Ab initio supported development of Nb- and Ta-alloyed (Ti,Al)N thin films with improved thermal stability

Metastable (Ti,Al)N thin films with face -centered cubic (fcc) structure are widely applied to protect tools and components used in the machining industry for their high hardness and exceptional thermal stability. Alloying is a simple but powerful strategy to further improve the performance of (Ti,Al)N thin films.

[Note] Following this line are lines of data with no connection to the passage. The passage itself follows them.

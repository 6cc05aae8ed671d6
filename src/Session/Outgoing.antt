-- ===== src/Session/Outgoing.antt =====
-- src/session/mod.rs: how a payload becomes frames in the queue of a session, whole or in parts. The
-- record has the fields of `Session` that queueing reads and writes. The heap is the list of what it
-- holds, newest last.
pub mod Parts
use raknet_rust.Common.{
  ℕ, zero, suc, ◌+◌, ◌-◌, ◌*◌, ◌/◌, ◌%◌, ◌^◌, min, max, Bool, true, false, not, ◌||◌, leb,
  if◌then◌else◌, List, [], ◌∷◌, ◌++◌, length, take, drop, get_or, set, replicate, Option, none,
  some,
}
use raknet_rust.Common.Int.{saturating_add}
use raknet_rust.Protocol.Constants.{raknet_datagram_header_size}
use raknet_rust.Protocol.Sequence24.{Sequence24, next}
use raknet_rust.Protocol.Reliability.{
  Reliability, unreliable, unreliable_sequenced, reliable, reliable_sequenced,
  unreliable_with_ack_receipt, reliable_with_ack_receipt, is_reliable, is_ordered, is_sequenced,
}
use raknet_rust.Protocol.Frame.{Frame, encoded_size}

pub data RakPriority : Type 0 where
  immediate high normal low : RakPriority

abbrev pub as_index : RakPriority → ℕ
as_index immediate = 0
as_index high = 1
as_index normal = 2
as_index low = 3

pub data BackpressureMode : Type 0 where
  delay shed disconnect : BackpressureMode

pub record QueuedFrame : Type 0 where
  pub weight : ℕ
  pub encoded_size : ℕ
  pub is_reliable : Bool
  pub priority : RakPriority
  pub receipt_id : Option ℕ
  pub frame : Frame

pub record SendMetrics : Type 0 where
  pub outgoing_queue_drops : ℕ
  pub outgoing_queue_defers : ℕ
  pub outgoing_queue_disconnects : ℕ
  pub backpressure_delays : ℕ
  pub backpressure_drops : ℕ
  pub backpressure_disconnects : ℕ

pub record Sender : Type 0 where
  pub mtu : ℕ
  pub reliable_write_index : Sequence24
  pub split_write_index : ℕ
  pub ordering_write_index : List Sequence24
  pub sequencing_write_index : List Sequence24
  pub outgoing_heap : List QueuedFrame
  pub outgoing_next_weights : List ℕ
  pub last_min_weight : ℕ
  pub outgoing_queued_bytes : ℕ
  pub outgoing_queue_max_frames : ℕ
  pub outgoing_queue_max_bytes : ℕ
  pub backpressure_mode : BackpressureMode
  pub disconnect_requested_by_backpressure : Bool
  pub metrics : SendMetrics

unfoldable pub frame_overhead : Reliability → Bool → ℕ
frame_overhead rel is_split =
    3
    + (if is_reliable rel then 3 else 0)
    + (if is_sequenced rel then 3 else 0)
    + (if is_ordered rel || is_sequenced rel then 4 else 0)
    + (if is_split then 10 else 0)

unfoldable pub max_payload_for : Sender → Reliability → Bool → ℕ
max_payload_for s rel is_split =
    max (s.mtu - (raknet_datagram_header_size + frame_overhead rel is_split)) 1

unfoldable pub next_reliable_index : Sender → Sender × Sequence24
next_reliable_index s =
    (record s { reliable_write_index = next s.reliable_write_index }, s.reliable_write_index)

-- `if reliability.is_reliable() { Some(next_reliable_index()) } else { None }`.
unfoldable pub reliable_index_for : Sender → Reliability → Sender × Option Sequence24
unfolding next_reliable_index
reliable_index_for s rel =
    let (s', idx) = next_reliable_index s in if is_reliable rel then (s', some idx) else (s, none)

-- `resize(ch + 1, 0)` when the channel is out of range.
unfoldable pub grow_indices : List Sequence24 → ℕ → List Sequence24
grow_indices xs ch = if leb (length xs) ch then xs ++ replicate (ch + 1 - length xs) 0 else xs

unfoldable pub next_ordering_index_if_needed : Sender → Reliability → ℕ → Sender × Option Sequence24
next_ordering_index_if_needed s rel channel =
    let xs = grow_indices s.ordering_write_index channel in
    let idx = get_or xs channel 0 in
    if not (is_ordered rel || is_sequenced rel)
    then (s, none)
    else (record s { ordering_write_index = set xs channel (next idx) }, some idx)

unfoldable pub next_sequence_index_if_needed : Sender → Reliability → ℕ → Sender × Option Sequence24
next_sequence_index_if_needed s rel channel =
    let xs = grow_indices s.sequencing_write_index channel in
    let idx = get_or xs channel 0 in
    if not (is_sequenced rel)
    then (s, none)
    else (record s { sequencing_write_index = set xs channel (next idx) }, some idx)

-- `(1 << level) * level`.
unfoldable pub level_step : ℕ → ℕ
level_step level = 2 ^ level * level

unfoldable pub first_weights : List ℕ
unfolding level_step
first_weights =
    (level_step 0 + 0) ∷ (level_step 1 + 1) ∷ (level_step 2 + 2) ∷ (level_step 3 + 3) ∷ []

abbrev pub is_idle : List QueuedFrame → Bool
is_idle [] = true
is_idle (q ∷ qs) = false

-- The weights stay far below 2 ^ 64, and the subtraction does not go below 0.
unfoldable pub next_weight : Sender → RakPriority → Sender × ℕ
unfolding first_weights
next_weight s priority =
    let level = as_index priority in
    let stored = get_or s.outgoing_next_weights level 0 in
    let raised = s.last_min_weight + level_step level + level in
    let further = raised + 2 ^ level * (level + 1) + level in
    if is_idle s.outgoing_heap
    then (
      record s {
        outgoing_next_weights = first_weights;
        last_min_weight = stored - level_step level + level;
      },
      stored,
    )
    else if leb s.last_min_weight stored
    then (
      record s {
        outgoing_next_weights = set s.outgoing_next_weights level further;
        last_min_weight = raised - level_step level + level;
      },
      raised,
    )
    else (record s { last_min_weight = stored - level_step level + level }, stored)

unfoldable pub push_outgoing_frame : Sender → Frame → RakPriority → Option ℕ → Sender
push_outgoing_frame s frame priority receipt_id =
    let (s, weight) = next_weight s priority in
    record s {
      outgoing_queued_bytes = saturating_add s.outgoing_queued_bytes (encoded_size frame);
      outgoing_heap =
          s.outgoing_heap
          ++ (record {
            weight = weight;
            encoded_size = encoded_size frame;
            is_reliable = is_reliable frame.header.reliability;
            priority = priority;
            receipt_id = receipt_id;
            frame = frame;
          }
              ∷ []);
    }

-- `(len as u16) << 3`.
unfoldable pub bit_length_of : ℕ → ℕ
bit_length_of len = len % 2 ^ 16 * 8 % 2 ^ 16

-- `ordering_index.map(|_| channel)`.
abbrev pub channel_for : Option Sequence24 → ℕ → Option ℕ
channel_for none channel = none
channel_for (some i) channel = some channel

unfoldable pub enqueue_single_frame :
    Sender → List ℕ → Reliability → ℕ → RakPriority → Option ℕ → Sender × ℕ
enqueue_single_frame s payload rel channel priority receipt_id =
    let (s, ordering_index) = next_ordering_index_if_needed s rel channel in
    let (s, sequence_index) = next_sequence_index_if_needed s rel channel in
    let (s, reliable_index) = reliable_index_for s rel in
    let frame : Frame = record {
      header = record { reliability = rel; is_split = false; needs_bas = false };
      bit_length = bit_length_of (length payload);
      reliable_index = reliable_index;
      sequence_index = sequence_index;
      ordering_index = ordering_index;
      ordering_channel = channel_for ordering_index channel;
      split = none;
      payload = payload;
    } in
    (
      push_outgoing_frame s frame priority receipt_id,
      if is_reliable rel then encoded_size frame else 0,
    )

unfoldable pub normalize_reliability_for_split : Reliability → Reliability
normalize_reliability_for_split unreliable = reliable
normalize_reliability_for_split unreliable_sequenced = reliable_sequenced
normalize_reliability_for_split unreliable_with_ack_receipt = reliable_with_ack_receipt
normalize_reliability_for_split v = v

-- `div_ceil`, for a divisor that is not 0.
unfoldable pub div_ceil : ℕ → ℕ → ℕ
div_ceil a b = (a + (b - 1)) / b

-- What the parts of a payload share.
pub record PartContext : Type 0 where
  pub reliability : Reliability
  pub max_split_payload : ℕ
  pub part_count : ℕ
  pub split_id : ℕ
  pub ordering_index : Option Sequence24
  pub sequence_index : Option Sequence24
  pub channel : ℕ
  pub priority : RakPriority
  pub receipt_id : Option ℕ

unfoldable pub part_of : PartContext → ℕ → Option Sequence24 → List ℕ → Frame
part_of c idx reliable_index part = record {
  header = record { reliability = c.reliability; is_split = true; needs_bas = false };
  bit_length = bit_length_of (length part);
  reliable_index = reliable_index;
  sequence_index = c.sequence_index;
  ordering_index = c.ordering_index;
  ordering_channel = channel_for c.ordering_index c.channel;
  split = some record {
    part_count = c.part_count % 2 ^ 32;
    part_id = c.split_id;
    part_index = idx % 2 ^ 32;
  };
  payload = part;
}

-- `for idx in 0..part_count`, from `idx` on with `left` rounds to go.
unfoldable pub enqueue_parts : ℕ → PartContext → ℕ → Sender → List ℕ → Sender × ℕ
enqueue_parts zero c idx s payload = (s, 0)
enqueue_parts (suc left) c idx s payload =
    let taken = min (length payload) c.max_split_payload in
    let (s, reliable_index) = reliable_index_for s c.reliability in
    let frame = part_of c idx reliable_index (take taken payload) in
    let s = push_outgoing_frame s frame c.priority c.receipt_id in
    let (s, reliable_bytes) = enqueue_parts left c (idx + 1) s (drop taken payload) in
    (s, (if is_reliable c.reliability then encoded_size frame else 0) + reliable_bytes)

unfoldable pub next_split_id : Sender → Sender
next_split_id s = record s { split_write_index = (s.split_write_index + 1) % 2 ^ 16 }

unfoldable pub enqueue_split_frames :
    Sender → List ℕ → Reliability → ℕ → RakPriority → Option ℕ → Sender × ℕ
enqueue_split_frames s payload rel channel priority receipt_id =
    let rel = normalize_reliability_for_split rel in
    let max_split_payload = max (max_payload_for s rel true) 1 in
    let part_count = div_ceil (length payload) max_split_payload in
    let (o, ordering_index) = next_ordering_index_if_needed (next_split_id s) rel channel in
    let (q, sequence_index) = next_sequence_index_if_needed o rel channel in
    enqueue_parts part_count
      record {
        reliability = rel;
        max_split_payload = max_split_payload;
        part_count = part_count;
        split_id = s.split_write_index;
        ordering_index = ordering_index;
        sequence_index = sequence_index;
        channel = channel;
        priority = priority;
        receipt_id = receipt_id;
      }
      0 q payload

Here, the combination of experiments and ab initio calculations allowed us to further improve the mechanical properties, thermal stability, and oxidation resistance of arc-evaporated (Ti,Al)N films through the addition of Nb and Ta. The developed Ti 0.40 Al 0.53 Nb 0.07 N, Ti 0.34 Al 0.52 Nb 0.14 N, Ti 0.40 Al 0.53 Ta 0.07 N, and Ti 0.34 Al 0.50 Ta 0.16 N thin films show a single-phase fcc structure like Ti 0.46 Al 0.54 N. While the hardness ( H ) of as-deposited (Ti,Al,Nb)N thin films is similar to that of Ti 0.46 Al 0.54 N (30.1 +/- 0.4 GPa), it increases to 33.2 +/- 0.7 and 34.1 +/- 1.1 GPa by alloying with 7 and 16 at.% Ta (metal fraction), respectively. Both alloying elements allow to retard the spinodal decomposition of (Ti,Al)N, as suggested by X-ray diffraction of vacuum-annealed samples. The (Ti,Al)N and (Ti,Al,Nb)N samples exhibit the onset of wurtzite (w-) AlN formation at -1050 degrees C, which is postponed to -1200 degrees C for the (Ti,Al,Ta) N thin films. Ab initio calculations suggest that age hardening of (Ti,Al)N is improved by Nb and Ta, with Nb being more effective than Ta. This is verified by experiments showing that Ti 0.40 Al 0.53 Nb 0.07 N (Ti 0.34 Al 0.52 Nb 0.14 N) and Ti 0.40 Al 0.53 Ta 0.07 N (Ti 0.34 Al 0.50 Ta 0.16 N) experience an increase of H to 34.7 +/- 0.5 GPa (36.7 +/- 0.7 GPa) and 35.8 +/- 1.0 GPa (37.0 +/- 1.1 GPa) when annealed at 1000 degrees C, compared to the 32.4 +/- 0.7 GPa of Ti 0.46 Al 0.54 N annealed at 900 degrees C. The relative H increase is thus higher for (Ti,Al,Nb)N than for (Ti,Al,Ta) N. Furthermore, Nb and Ta also improve the oxidation resistance of (Ti,Al)N with Ta being more effective than Nb. Based on these results we can conclude that both Nb and Ta elements improve hardness, thermal stability, and oxidation resistance of (Ti,Al)N, with Nb providing more relative hardness gain but Ta providing higher absolute values.